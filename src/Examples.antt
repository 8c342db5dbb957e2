-- ===== src/Examples.antt =====
-- The theorems at concrete inputs, and the data that they run on.
pub mod Data
pub mod Run
mod Syncs
mod Database
mod Requests
mod Templates
mod Searches
mod Filters
mod Configs
mod Updates
mod Pages
mod Extractions
mod Logins
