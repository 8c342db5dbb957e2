-- ===== src/Examples/Configs.antt =====
-- The theorem on the configuration, at a concrete environment and file.
use oxidarr.Common.{◌≡◌, refl, false, Option, none, some, Text, codes, text_eq, if◌then◌else◌}
use oxidarr.Common.Outcome.{ok, err}
use oxidarr.Config.{
  FileConfig, default_file, Parsers, not_found, parse_bool_flag, parse_u64, merge, load_config,
  definitions_interval,
}
use oxidarr.Config.Layers as Layers
use oxidarr.Config.Layers.{no_env, overlaid}

-- Addresses and URLs are their texts, and there is no file.
abbrev parsers : Parsers Text Text
parsers = record {
  parse_addr = ok;
  parse_url = ok;
  parse_toml = λ s. ok default_file;
  read_to_string = λ path. err not_found;
}

abbrev env : Text → Option Text
env name =
    if text_eq name (codes "OXIDARR_DEFINITIONS_AUTO_UPDATE")
    then some (codes "Off")
    else if text_eq name (codes "OXIDARR_DEFINITIONS_INTERVAL")
    then some (codes "60")
    else if text_eq name (codes "OXIDARR_BIND")
    then some (codes "[::]:80")
    else none

abbrev file : FileConfig
file = record default_file { log = some (codes "debug"); definitions_interval = some 0 }

-- A zero in the file is refused, and a variable overrides it.
refused_zero : merge parsers no_env file ≡ err (definitions_interval 0)
unfolding merge
refused_zero = refl

loaded_config :
    load_config parsers env (some (codes "data/config.toml"))
    ≡ ok (record {
      bind = codes "[::]:80";
      data_dir = codes "./data";
      external_url = codes "http://[::]:80";
      proxy = none;
      log = codes "info";
      definitions_auto_update = false;
      definitions_interval = 60;
      definitions_url =
          codes "https://github.com/Prowlarr/Indexers/archive/refs/heads/master.tar.gz";
    })
unfolding load_config
loaded_config = refl

off_flag : parse_bool_flag (codes "Off") ≡ some false
unfolding parse_bool_flag
off_flag = refl

sixty_seconds : parse_u64 (codes "60") ≡ some 60
unfolding parse_u64
sixty_seconds = refl

merge-overlaid_example :
    merge parsers env file ≡ merge parsers no_env (overlaid env (some false) (some 60) file)
merge-overlaid_example =
    Layers.merge-overlaid parsers env file (some false) (some 60) (off_flag, (false, refl))
      (sixty_seconds, (60, refl))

• TASK REQUIREMENTS: The task calls for every line of the material to be reproduced precisely.

• WORKED SOLUTION:
filename src/Examples.antt
repository 8c342db5dbb957e2
-- ===== src/Examples.antt =====
-- The theorems at concrete inputs, and the data that they run on.
pub mod Data
pub mod Run
mod Syncs
mod Database
mod Requests
mod Templates
mod Searches
mod Filters
mod Configs
mod Updates
mod Pages
mod Extractions
mod Logins
repository 8c342db5dbb957e2
-- ===== src/Examples/Configs.antt =====
-- The theorem on the configuration, at a concrete environment and file.
use oxidarr.Common.{◌≡◌, refl, false, Option, none, some, Text, codes, text_eq, if◌then◌else◌}
use oxidarr.Common.Outcome.{ok, err}
use oxidarr.Config.{
  FileConfig, default_file, Parsers, not_found, parse_bool_flag, parse_u64, merge, load_config,
  definitions_interval,
}
use oxidarr.Config.Layers as Layers
use oxidarr.Config.Layers.{no_env, overlaid}

-- Addresses and URLs are their texts, and there is no file.
abbrev parsers : Parsers Text Text
parsers = record {
  parse_addr = ok;
  parse_url = ok;
  parse_toml = λ s. ok default_file;
  read_to_string = λ path. err not_found;
}

abbrev env : Text → Option Text
env name =
    if text_eq name (codes "OXIDARR_DEFINITIONS_AUTO_UPDATE")
    then some (codes "Off")
    else if text_eq name (codes "OXIDARR_DEFINITIONS_INTERVAL")
    then some (codes "60")
    else if text_eq name (codes "OXIDARR_BIND")
    then some (codes "[::]:80")
    else none

abbrev file : FileConfig
file = record default_file { log = some (codes "debug"); definitions_interval = some 0 }

-- A zero in the file is refused, and a variable overrides it.
refused_zero : merge parsers no_env file ≡ err (definitions_interval 0)
unfolding merge
refused_zero = refl

loaded_config :
    load_config parsers env (some (codes "data/config.toml"))
    ≡ ok (record {
      bind = codes "[::]:80";
      data_dir = codes "./data";
      external_url = codes "http://[::]:80";
      proxy = none;
      log = codes "info";
      definitions_auto_update = false;
      definitions_interval = 60;
      definitions_url =
          codes "https://github.com/Prowlarr/Indexers/archive/refs/heads/master.tar.gz";
    })
unfolding load_config
loaded_config = refl

off_flag : parse_bool_flag (codes "Off") ≡ some false
unfolding parse_bool_flag
off_flag = refl

sixty_seconds : parse_u64 (codes "60") ≡ some 60
unfolding parse_u64
sixty_seconds = refl

merge-overlaid_example :
    merge parsers env file ≡ merge parsers no_env (overlaid env (some false) (some 60) file)
merge-overlaid_example =
    Layers.merge-overlaid parsers env file (some false) (some 60) (off_flag, (false, refl))
      (sixty_seconds, (60, refl))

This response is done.